John has served on the Board of Studies for Toi Whakaari: New Zealand Drama School and as Vice President then President of the New Zealand Writers Guild (and before that as a Vice President of the Australian Writers Guild), serving on a range on industry boards, and attending (and helping to host) a number of International Affiliation of Writers Guilds meetings in the process. He also served twice on the international jury for the Banff Television Festival.

John’s most recent stage play, Where There’s a Will, was produced at BATS Theatre in April 2015. His non-fiction book titles include Downstage Upfront: the first 40 years of NewZealand’s longest running professional theatre (Victoria University Press, 2004) and The Plays of Bruce Masona survey (VUP & Playmarket, 2015).

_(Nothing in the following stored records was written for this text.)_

-- ===== src/Lib.antt =====
-- The scripts of the pages of this system management platform: what the browser runs for forms,
-- notifications, tables, connection tests, server states, the metric pages and the two consoles.
--
-- The Django applications render a page and give it a value of JSON; the scripts read that value,
-- react to the user, ask the server by `fetch`, and show what comes back. They share the document
-- and little else, so each component is modelled on its own state, and the document is modelled
-- where a component reads it back: the children of a container, the classes of an element, the
-- rows of a table.
--
-- Parts and files:
--   Base: numbers, lists, texts as lists of UTF-16 code units, maps, regular expressions, and the
--     methods of JavaScript that the code uses (`trim`, `split`, `includes`, `parseInt`, `test`).
--   Form: the class `FormValidator` (Form/Validator), the form checks of `App` (Form/App) and the
--     rules on addresses, ports, passwords and e-mail (Form/Rules), all of static/js/custom.js.
--   Notification: `ModernNotificationSystem` of static/js/custom.js, with the queue, the map, the
--     container, the counter and the pending timers.
--   Modal: `ModernModal` of static/js/custom.js, with the promise of a confirmation.
--   Table: `ModernDataTable` of static/js/custom.js. Loading: `LoadingManager` of it. Timing:
--     `Utils.debounce` and `Utils.throttle` of it.
--   Connection: `ConnectionTester` of static/js/connection-test.js: validation, the requests in
--     flight, and batches. Status: `ServerStatusManager` of the same file, which calls a tester for
--     each server; Status/Dashboard: static/js/neo-dashboard.js.
--   Metric: static/js/ops-vue-pages.js. Values has the values of JSON and the conversions, Texts,
--     Labels, Cleaning, Configs and Rows the normalization of what the server sends, Fetch the
--     function `fetchMetricJson`, Resources the loading of Targets, Rules and Alerts, Panels the
--     queries and their suggestions, Names the search for names of metrics with its cache,
--     Integrations the lists of integrations, and Dashboard the loading of the dashboard, the choice
--     of nodes and, in Dashboard/Filters, the filters and the order of its rows.
--   Aiops: static/js/aiops-vue.js. Loads has the panels that a button loads, Reliability the one
--     that counts its requests, with the machine it implements in Reliability/Latest, Analyzer the
--     analysis of Kubernetes, Runbook the runbooks, Reviews the
--     reviews, Tabs the tabs, and Investigations the list,
--     details and feedback.
--   Devops: static/js/devops-vue.js. Fetch is `apiFetch`, Work the computed lists, Tabs the tabs,
--     Load `loadAll` and the timer, Forms the two forms, Comments and Approvals the
--     approvals, Integrations the connectors and blueprints.
--     Tablist has the keys of tabs, which both pages and the metric page handle.
--
-- State and concurrency: a component is a record and each method a function on it. Where a method
-- awaits a request or sets a timer it is cut in two, and the end of the request or the firing of
-- the timer is an event of its own; `run` takes the events in any order. A request in flight and a
-- pending timer are part of the state. The identifiers that `Utils.generateId` draws, what the
-- clock shows and what the server answers are inputs.
--
-- Parameters: `convert` is the number that `Number` makes of a string, an array or an object;
-- `lower_other` and `lower` are `toLowerCase` beyond ASCII and on texts; `fraction_exceeds` compares a
-- number with a fraction to an integer; `number_before` and
-- `date_before` are how `parseFloat` and `Date` order two cells, `name_before` and
-- `less` how `localeCompare` and numbers do, of which only asymmetry is
-- assumed; `settle` is `Promise.all` over a batch, which gives a result for each promise; `show` is
-- the text that `Error` makes of a value, `fields` what `Date` makes of the clock, and the requests
-- that `loadAll` awaits together come as what `Promise.all` makes of them.
--
-- Fuel: the loop over batches gets as many rounds as there are servers, which is enough because
-- each round advances by at least one; the digits of a number get one round more than the number.
--
-- Not modelled: the look of the page, animations, the templates of the Vue applications beyond the
-- handlers and the conditions of buttons, the scripts of third parties, and the server.
pub mod Base
pub mod Form
pub mod Notification
pub mod Connection
pub mod Status
pub mod Table
pub mod Loading
pub mod Timing
pub mod Modal
pub mod Metric
pub mod Tablist
pub mod Aiops
pub mod Devops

Lyne Pringle is Theatreview’s dance editor New Zealand-wide. She works from her home office (which she provides to Theatreview free of charge). Lyne began reviewing dance for Theatreview in 2007 and stepped into the Dance Editor role when Raewyn Whyte retired. Since 2019 she has also been the dance reviewer for the Dominion Post.

Over 42 years as a dance/theatre artist in New Zealand, Australia and New York Lyne has gained a rich understanding of the needs and challenges of the sector. She has worked with many of the leading dance artists in Aotearoa, has received numerous awards and is deeply committed to the development of New Zealand performing arts.

Lyne now concentrates on supporting the wider sector, writing and social/eco activism. As well as writing for other publications, she teaches dance studies at the New Zealand School of Dance, is an oral historian for the New Zealand Dance Archive and a member of the Artistic Advisory Panel for Footnote New Zealand Dance.